Look through the listing below and report how many lines contain "antt", as a bare number.
_ _ _
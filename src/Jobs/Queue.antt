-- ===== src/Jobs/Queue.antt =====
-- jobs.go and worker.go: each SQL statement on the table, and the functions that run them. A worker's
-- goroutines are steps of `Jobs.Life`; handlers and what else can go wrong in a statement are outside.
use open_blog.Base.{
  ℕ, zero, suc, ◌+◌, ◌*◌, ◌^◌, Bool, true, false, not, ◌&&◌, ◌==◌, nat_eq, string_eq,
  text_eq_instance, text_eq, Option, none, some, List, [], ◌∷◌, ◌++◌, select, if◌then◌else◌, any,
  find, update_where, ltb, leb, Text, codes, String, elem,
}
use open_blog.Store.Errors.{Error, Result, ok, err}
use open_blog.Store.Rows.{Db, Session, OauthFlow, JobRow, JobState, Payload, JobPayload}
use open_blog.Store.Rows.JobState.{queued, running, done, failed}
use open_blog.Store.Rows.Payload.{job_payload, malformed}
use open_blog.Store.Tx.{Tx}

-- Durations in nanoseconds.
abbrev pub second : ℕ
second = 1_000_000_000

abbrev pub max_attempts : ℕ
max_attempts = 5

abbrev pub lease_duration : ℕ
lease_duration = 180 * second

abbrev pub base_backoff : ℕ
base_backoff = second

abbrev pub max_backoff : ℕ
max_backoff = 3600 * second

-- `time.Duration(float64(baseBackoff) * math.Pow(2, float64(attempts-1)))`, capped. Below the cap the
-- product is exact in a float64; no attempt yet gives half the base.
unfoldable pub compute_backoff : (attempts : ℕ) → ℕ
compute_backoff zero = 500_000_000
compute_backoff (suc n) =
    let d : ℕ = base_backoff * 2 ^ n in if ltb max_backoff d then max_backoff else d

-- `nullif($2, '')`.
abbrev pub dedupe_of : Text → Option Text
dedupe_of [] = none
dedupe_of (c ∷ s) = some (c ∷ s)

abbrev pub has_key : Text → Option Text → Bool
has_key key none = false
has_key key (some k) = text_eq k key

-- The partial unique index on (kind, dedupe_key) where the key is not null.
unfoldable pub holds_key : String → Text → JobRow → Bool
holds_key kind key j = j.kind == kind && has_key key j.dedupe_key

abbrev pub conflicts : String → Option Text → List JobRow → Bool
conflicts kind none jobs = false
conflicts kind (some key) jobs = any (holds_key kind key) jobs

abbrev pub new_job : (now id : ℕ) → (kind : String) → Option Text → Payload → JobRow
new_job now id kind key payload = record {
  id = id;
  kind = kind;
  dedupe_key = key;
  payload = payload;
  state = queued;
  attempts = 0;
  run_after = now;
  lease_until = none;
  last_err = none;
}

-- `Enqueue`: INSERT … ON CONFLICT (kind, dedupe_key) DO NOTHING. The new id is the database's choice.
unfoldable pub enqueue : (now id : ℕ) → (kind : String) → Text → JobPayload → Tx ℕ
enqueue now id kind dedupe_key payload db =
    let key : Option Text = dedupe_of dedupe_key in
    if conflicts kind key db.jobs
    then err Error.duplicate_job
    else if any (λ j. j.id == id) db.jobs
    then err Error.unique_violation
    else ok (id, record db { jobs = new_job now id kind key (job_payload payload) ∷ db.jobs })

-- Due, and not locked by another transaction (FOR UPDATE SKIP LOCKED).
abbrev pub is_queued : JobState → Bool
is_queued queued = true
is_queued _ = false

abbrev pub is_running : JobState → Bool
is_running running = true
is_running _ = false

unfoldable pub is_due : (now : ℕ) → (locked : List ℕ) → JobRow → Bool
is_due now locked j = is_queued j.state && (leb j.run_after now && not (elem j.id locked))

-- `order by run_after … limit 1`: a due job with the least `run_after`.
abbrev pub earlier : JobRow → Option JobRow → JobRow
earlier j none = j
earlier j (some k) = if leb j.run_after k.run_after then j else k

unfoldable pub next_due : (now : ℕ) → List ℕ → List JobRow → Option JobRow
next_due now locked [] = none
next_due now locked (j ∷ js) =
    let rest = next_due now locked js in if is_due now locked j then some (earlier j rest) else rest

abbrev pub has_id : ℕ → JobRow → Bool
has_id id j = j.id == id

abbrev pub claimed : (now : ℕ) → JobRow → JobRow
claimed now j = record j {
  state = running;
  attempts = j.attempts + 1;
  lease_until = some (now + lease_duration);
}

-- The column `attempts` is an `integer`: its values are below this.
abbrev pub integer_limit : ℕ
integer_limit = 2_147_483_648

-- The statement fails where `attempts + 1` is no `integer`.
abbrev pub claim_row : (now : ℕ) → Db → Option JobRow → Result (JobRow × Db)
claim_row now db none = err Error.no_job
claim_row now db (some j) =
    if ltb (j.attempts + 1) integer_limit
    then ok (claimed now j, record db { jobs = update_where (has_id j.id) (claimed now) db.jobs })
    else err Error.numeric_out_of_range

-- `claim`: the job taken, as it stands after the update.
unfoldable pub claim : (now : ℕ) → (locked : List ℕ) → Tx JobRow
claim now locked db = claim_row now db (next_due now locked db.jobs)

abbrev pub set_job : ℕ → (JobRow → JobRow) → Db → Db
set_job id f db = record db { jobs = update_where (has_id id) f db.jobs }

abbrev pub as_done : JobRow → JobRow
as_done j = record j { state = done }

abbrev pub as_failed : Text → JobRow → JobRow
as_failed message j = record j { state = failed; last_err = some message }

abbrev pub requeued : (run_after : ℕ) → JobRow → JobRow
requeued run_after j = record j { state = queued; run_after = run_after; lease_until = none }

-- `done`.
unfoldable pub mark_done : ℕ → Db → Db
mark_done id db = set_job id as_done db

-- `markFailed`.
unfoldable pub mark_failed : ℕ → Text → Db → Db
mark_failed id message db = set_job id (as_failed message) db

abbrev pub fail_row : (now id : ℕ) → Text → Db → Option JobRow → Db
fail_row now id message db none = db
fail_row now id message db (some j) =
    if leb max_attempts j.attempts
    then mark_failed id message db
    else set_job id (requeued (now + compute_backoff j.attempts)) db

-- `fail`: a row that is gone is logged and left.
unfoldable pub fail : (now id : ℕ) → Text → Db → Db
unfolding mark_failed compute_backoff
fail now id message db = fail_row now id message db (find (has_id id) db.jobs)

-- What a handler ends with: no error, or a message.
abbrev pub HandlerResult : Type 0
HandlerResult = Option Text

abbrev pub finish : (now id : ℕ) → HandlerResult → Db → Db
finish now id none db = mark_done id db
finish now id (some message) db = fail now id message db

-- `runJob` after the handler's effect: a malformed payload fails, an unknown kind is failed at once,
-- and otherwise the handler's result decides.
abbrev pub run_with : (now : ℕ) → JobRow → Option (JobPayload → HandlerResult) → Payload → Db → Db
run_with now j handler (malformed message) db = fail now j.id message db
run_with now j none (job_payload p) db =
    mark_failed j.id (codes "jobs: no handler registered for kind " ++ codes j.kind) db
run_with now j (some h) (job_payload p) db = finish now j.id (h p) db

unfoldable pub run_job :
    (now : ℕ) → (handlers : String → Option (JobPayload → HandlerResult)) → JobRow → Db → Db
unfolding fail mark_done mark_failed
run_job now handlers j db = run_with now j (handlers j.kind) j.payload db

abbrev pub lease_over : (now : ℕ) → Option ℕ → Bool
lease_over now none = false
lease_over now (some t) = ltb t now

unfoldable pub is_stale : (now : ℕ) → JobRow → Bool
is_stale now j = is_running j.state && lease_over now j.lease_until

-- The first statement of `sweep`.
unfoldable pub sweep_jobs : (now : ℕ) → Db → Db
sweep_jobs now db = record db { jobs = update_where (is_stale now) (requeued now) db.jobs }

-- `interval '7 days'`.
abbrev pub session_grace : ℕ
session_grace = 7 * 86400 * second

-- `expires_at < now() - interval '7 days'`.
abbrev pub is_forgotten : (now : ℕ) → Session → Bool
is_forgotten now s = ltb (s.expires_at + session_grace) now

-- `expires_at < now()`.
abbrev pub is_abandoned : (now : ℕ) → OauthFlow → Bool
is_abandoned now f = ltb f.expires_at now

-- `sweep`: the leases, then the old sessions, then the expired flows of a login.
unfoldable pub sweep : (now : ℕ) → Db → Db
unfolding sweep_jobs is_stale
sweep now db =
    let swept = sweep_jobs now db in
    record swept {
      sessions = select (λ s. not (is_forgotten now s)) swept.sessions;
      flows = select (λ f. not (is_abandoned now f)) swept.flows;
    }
_ _ _
Answer box:
2